Still, Sydney home prices are up 12.8 percent in the past 12 months and Australia & New Zealand Banking Group Ltd. said in a note Monday “strong underlying demand” is likely to contain any price declines in the major capital cities to less that 10 percent in the absence of an economic downturn. On Saturday, 106 of 111 yet-to-be-built apartments worth about A$160 million ($116 million) in Chatswood, 10 kilometers (6.2 miles) north of Sydney’s business district, were sold in three hours, according to Domain, an online real estate website.
The central bank, which last year called the housing market unbalanced, said in October it could be starting to slow, while rapid home construction in some areas is creating an oversupply. The number of dwellings approved for construction rose 3.9 percent in October from the previous month, according to the Australian Bureau of Statistics, beating the median forecast of a 2.5 percent fall from a survey of economists.
The banking regulator urged lenders in December last year to limit growth in investor mortgages to 10 percent a year. This year, it raised the capital the biggest lenders must hold against home loans.

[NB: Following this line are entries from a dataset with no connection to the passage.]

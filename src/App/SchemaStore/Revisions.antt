-- ===== src/App/SchemaStore/Revisions.antt =====
-- The loop of replace_declared over the changed resources, and the revisions it gives out.
use mathlib.Core.List.{append-nil}
use dirbase.Prelude.{
  ℕ, suc, String, Bool, true, false, ◌+◌, ◌≤◌, ◌<◌, Option, none, some, List, [], ◌∷◌, ◌++◌, ◌≡◌,
  refl, ◌∙◌, ap, subst, arith, str_eq, eq_iff, length, ◌⊎◌, inl, inr, Bool-cases,
}
use dirbase.BTreeMap
use dirbase.BTreeMap.{BTreeMap, get-insert}
use dirbase.Runtime.{Runtime}
use dirbase.Schema.Types.{DeclaredTableSchema, DeclaredSchema}
use dirbase.Schema.Types.Equal.{same_table}
use dirbase.App.SchemaStore.{
  BTreeSet, collect, u64_size, wrapping_add, Revisions, revise, revise_all, revision_of,
  declared_table, tables_of, changed_resources,
}

revision_of-insert :
    (m : BTreeMap ℕ) (k j : String) (n : ℕ)
    → str_eq k j ≡ false
    → revision_of (BTreeMap.insert m k n) j ≡ revision_of m j
unfolding revision_of
revision_of-insert m k j n h = simp (get-insert, h)

revision_of-insert_self :
    (m : BTreeMap ℕ) (k j : String) (n : ℕ)
    → str_eq k j ≡ true
    → revision_of (BTreeMap.insert m k n) j ≡ n
unfolding revision_of
revision_of-insert_self m k j n h = simp (get-insert, h)

wrapping_add-below : (n : ℕ) → suc n < u64_size → wrapping_add n 1 ≡ suc n
wrapping_add-below n h = omega arith

-- No revision is above the last one given out.
abbrev pub IsBounded : Revisions → Type 0
IsBounded revisions = (resource : String) → revision_of revisions.0 resource ≤ revisions.1

module _ ⦃rt : Runtime⦄ where
  revise-kept :
      (previous next : Option DeclaredTableSchema) (name : String) (revisions : Revisions)
      → same_table previous next ≡ true
      → revise previous next name revisions ≡ revisions
  unfolding revise
  revise-kept previous next name revisions h = rw h refl

  revise-changed :
      (previous next : Option DeclaredTableSchema) (name : String) (revisions : Revisions)
      → same_table previous next ≡ false
      → suc revisions.1 < u64_size
      → revise previous next name revisions
        ≡ (BTreeMap.insert revisions.0 name (suc revisions.1), suc revisions.1)
  unfolding revise
  revise-changed previous next name revisions h room =
      rw (h, wrapping_add-below revisions.1 room) refl

  -- A round keeps the revisions, or gives a fresh one to its resource.
  abbrev IsRound : String → Revisions → Revisions → Type 0
  IsRound name before after =
      (after ≡ before) ⊎ (after ≡ (BTreeMap.insert before.0 name (suc before.1), suc before.1))

  revise-IsRound :
      (previous next : Option DeclaredTableSchema) (name : String) (revisions : Revisions)
      → suc revisions.1 < u64_size
      → IsRound name revisions (revise previous next name revisions)
  revise-IsRound previous next name revisions room = elim (Bool-cases (same_table previous next)) [
    | inl same ↦ inl (revise-kept previous next name revisions same)
    | inr other ↦ inr (revise-changed previous next name revisions other room)
  ]

  round-grows :
      (name : String) (before after : Revisions)
      → IsRound name before after
      → (before.1 ≤ after.1) × (after.1 ≤ suc before.1)
  round-grows name before after (inl h) = rw h (omega arith)
  round-grows name before after (inr h) = rw h (omega arith)

  round-above :
      (name resource : String) (before after : Revisions) (start : ℕ)
      → IsRound name before after
      → start ≤ before.1
      → start < revision_of before.0 resource
      → start < revision_of after.0 resource
  round-above name resource before after start (inl h) low above = rw h above
  round-above name resource before after start (inr h) low above =
      elim (Bool-cases (str_eq name resource)) [
        | inl here ↦
            let fresh = revision_of-insert_self before.0 name resource (suc before.1) here in
            rw (h, fresh) (omega arith)
        | inr there ↦
            let kept = revision_of-insert before.0 name resource (suc before.1) there in
            rw (h, kept) above
      ]

  round-IsBounded :
      (name : String) (before after : Revisions)
      → IsRound name before after
      → IsBounded before
      → IsBounded after
  round-IsBounded name before after (inl h) bounded resource = rw h (bounded resource)
  round-IsBounded name before after (inr h) bounded resource =
      let old = bounded resource in
      elim (Bool-cases (str_eq name resource)) [
        | inl here ↦
            let fresh = revision_of-insert_self before.0 name resource (suc before.1) here in
            rw (h, fresh) (omega arith)
        | inr there ↦
            let kept = revision_of-insert before.0 name resource (suc before.1) there in
            rw (h, kept) (omega arith)
      ]

  round-elsewhere :
      (name resource : String) (before after : Revisions)
      → IsRound name before after
      → str_eq name resource ≡ false
      → revision_of after.0 resource ≡ revision_of before.0 resource
  round-elsewhere name resource before after (inl h) apart = rw h refl
  round-elsewhere name resource before after (inr h) apart =
      rw h (revision_of-insert before.0 name resource (suc before.1) apart)

  module _ (previous next : Option DeclaredSchema) where
    abbrev revise_at : String → Revisions → Revisions
    revise_at name = revise (declared_table previous name) (declared_table next name) name

    abbrev is_same : String → Bool
    is_same name = same_table (declared_table previous name) (declared_table next name)

    round :
        (name : String) (revisions : Revisions) (n : ℕ)
        → suc n + revisions.1 < u64_size
        → IsRound name revisions (revise_at name revisions)
    round name revisions n room =
        revise-IsRound (declared_table previous name) (declared_table next name) name revisions
          (omega arith)

    room-later :
        (name : String) (revisions : Revisions) (n : ℕ)
        → suc n + revisions.1 < u64_size
        → n + (revise_at name revisions).1 < u64_size
    room-later name revisions n room =
        let bounds =
          round-grows name revisions (revise_at name revisions) (round name revisions n room) in
        grind arith

    pub revise_all-IsBounded :
        (names : BTreeSet) (revisions : Revisions)
        → length names + revisions.1 < u64_size
        → IsBounded revisions
        → IsBounded (revise_all previous next names revisions)
    unfolding revise_all
    revise_all-IsBounded [] revisions room bounded = bounded
    revise_all-IsBounded ((name, _) ∷ names) revisions room bounded =
        revise_all-IsBounded names (revise_at name revisions)
          (room-later name revisions (length names) room)
          (round-IsBounded name revisions (revise_at name revisions)
            (round name revisions (length names) room) bounded)

    pub revise_all-grows :
        (names : BTreeSet) (revisions : Revisions)
        → length names + revisions.1 < u64_size
        → revisions.1 ≤ (revise_all previous next names revisions).1
    unfolding revise_all
    revise_all-grows [] revisions room = omega arith
    revise_all-grows ((name, _) ∷ names) revisions room =
        let first =
          round-grows name revisions (revise_at name revisions)
            (round name revisions (length names) room) in
        let later =
          revise_all-grows names (revise_at name revisions)
            (room-later name revisions (length names) room) in
        grind arith

    revise_all-above :
        (names : BTreeSet) (resource : String) (start : ℕ) (revisions : Revisions)
        → length names + revisions.1 < u64_size
        → start ≤ revisions.1
        → start < revision_of revisions.0 resource
        → start < revision_of (revise_all previous next names revisions).0 resource
    unfolding revise_all
    revise_all-above [] resource start revisions room low above = above
    revise_all-above ((name, _) ∷ names) resource start revisions room low above =
        let step = round name revisions (length names) room in
        let first = round-grows name revisions (revise_at name revisions) step in
        revise_all-above names resource start (revise_at name revisions)
          (room-later name revisions (length names) room) (grind arith)
          (round-above name resource revisions (revise_at name revisions) start step low above)

    -- A table that is the same keeps its revision.
    pub revise_all-kept :
        (names : BTreeSet) (resource : String) (revisions : Revisions)
        → length names + revisions.1 < u64_size
        → is_same resource ≡ true
        → revision_of (revise_all previous next names revisions).0 resource
          ≡ revision_of revisions.0 resource
    unfolding revise_all
    revise_all-kept [] resource revisions room same = refl
    revise_all-kept ((name, _) ∷ names) resource revisions room same =
        revise_all-kept names resource (revise_at name revisions)
          (room-later name revisions (length names) room) same
        ∙ elim (Bool-cases (str_eq name resource)) [
          | inl here ↦
              ap (λ r. revision_of r.0 resource)
                (revise-kept (declared_table previous name) (declared_table next name) name
                  revisions (ap is_same ((eq_iff name resource).0 here) ∙ same))
          | inr there ↦
              round-elsewhere name resource revisions (revise_at name revisions)
                (round name revisions (length names) room) there
        ]

    -- One that is not gets a revision above every earlier one.
    pub revise_all-fresh :
        (names : BTreeSet) (resource : String) (start : ℕ) (revisions : Revisions)
        → length names + revisions.1 < u64_size
        → is_same resource ≡ false
        → BTreeMap.get names resource ≡ some tt
        → start ≤ revisions.1
        → start < revision_of (revise_all previous next names revisions).0 resource
    unfolding revise_all BTreeMap.get
    revise_all-fresh [] resource start revisions room other found low = cc
    revise_all-fresh ((name, _) ∷ names) resource start revisions room other found low =
        let later = room-later name revisions (length names) room in
        let first =
          round-grows name revisions (revise_at name revisions)
            (round name revisions (length names) room) in
        elim (Bool-cases (str_eq name resource)) [
          | inl here ↦
              let at = ap is_same ((eq_iff name resource).0 here) ∙ other in
              let changed =
                revise-changed (declared_table previous name) (declared_table next name) name
                  revisions at (omega arith) in
              let fresh =
                revision_of-insert_self revisions.0 name resource (suc revisions.1) here in
              revise_all-above names resource start (revise_at name revisions) later (grind arith)
                (rw (changed, fresh) (omega arith))
          | inr there ↦
              revise_all-fresh names resource start (revise_at name revisions) later other
                (rw there at found) (grind arith)
        ]

get-collect_later :
    (names rest : List String) (resource : String)
    → BTreeMap.get (collect rest) resource ≡ some tt
    → BTreeMap.get (collect (names ++ rest)) resource ≡ some tt
unfolding collect
get-collect_later [] rest resource h = h
get-collect_later (name ∷ names) rest resource h = ground (
  arith,
  get-insert (collect (names ++ rest)) name resource tt,
  get-collect_later names rest resource h,
)

get-collect-keys {ℓ} :
    {V : Type ℓ} (m : BTreeMap V) (rest : List String) (resource : String) {value : V}
    → BTreeMap.get m resource ≡ some value
    → BTreeMap.get (collect (BTreeMap.keys m ++ rest)) resource ≡ some tt
unfolding collect BTreeMap.get
get-collect-keys [] rest resource h = cc
get-collect-keys ((name, v) ∷ m) rest resource h =
    get-insert (collect (BTreeMap.keys m ++ rest)) name resource tt
    ∙ elim (Bool-cases (str_eq name resource)) [
      | inl here ↦ rw here refl
      | inr there ↦ rw there (get-collect-keys m rest resource (rw there at h))
    ]

module _ ⦃rt : Runtime⦄ where
  tables_of-found :
      (declared : Option DeclaredSchema) (resource : String) {table : DeclaredTableSchema}
      → declared_table declared resource ≡ some table
      → BTreeMap.get (tables_of declared) resource ≡ some table
  unfolding declared_table tables_of
  tables_of-found none resource h = cc
  tables_of-found (some declared) resource h = h

  -- Every table that is not the same is among the changed resources.
  pub changed_resources-found :
      (previous next : Option DeclaredSchema) (resource : String)
      (old new : Option DeclaredTableSchema)
      → declared_table previous resource ≡ old
      → declared_table next resource ≡ new
      → same_table old new ≡ false
      → BTreeMap.get (changed_resources previous next) resource ≡ some tt
  unfolding changed_resources same_table
  changed_resources-found previous next resource none none h k other = cc
  changed_resources-found previous next resource (some table) new h k other =
      get-collect-keys (tables_of previous) (BTreeMap.keys (tables_of next)) resource
        (tables_of-found previous resource h)
  changed_resources-found previous next resource none (some table) h k other =
      get-collect_later (BTreeMap.keys (tables_of previous)) (BTreeMap.keys (tables_of next))
        resource
        (subst (λ names. BTreeMap.get (collect names) resource ≡ some tt)
          (append-nil (BTreeMap.keys (tables_of next)))
          (get-collect-keys (tables_of next) [] resource (tables_of-found next resource k)))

Successful auctions in Sydney fell to 56.3 percent, a three-year low, separate CoreLogic data showed Monday. A third of homes in the city were sold through an auction in the 12 months to Sept. 30, according to Corelogic.

RBA Room
The decrease in prices would give the RBA room to drop rates, Lawless said. RBA Governor Glenn Stevens said last week traders should “chill out” until February when policy makers will look at data again to decide on rates.
“While the Reserve Bank is likely to welcome a slowdown in the rate of home value appreciation, the overriding objective would be to avoid a significant downturn in the housing market, which would act as a weight on economic growth and potentially impact financial system stability,” Lawless said.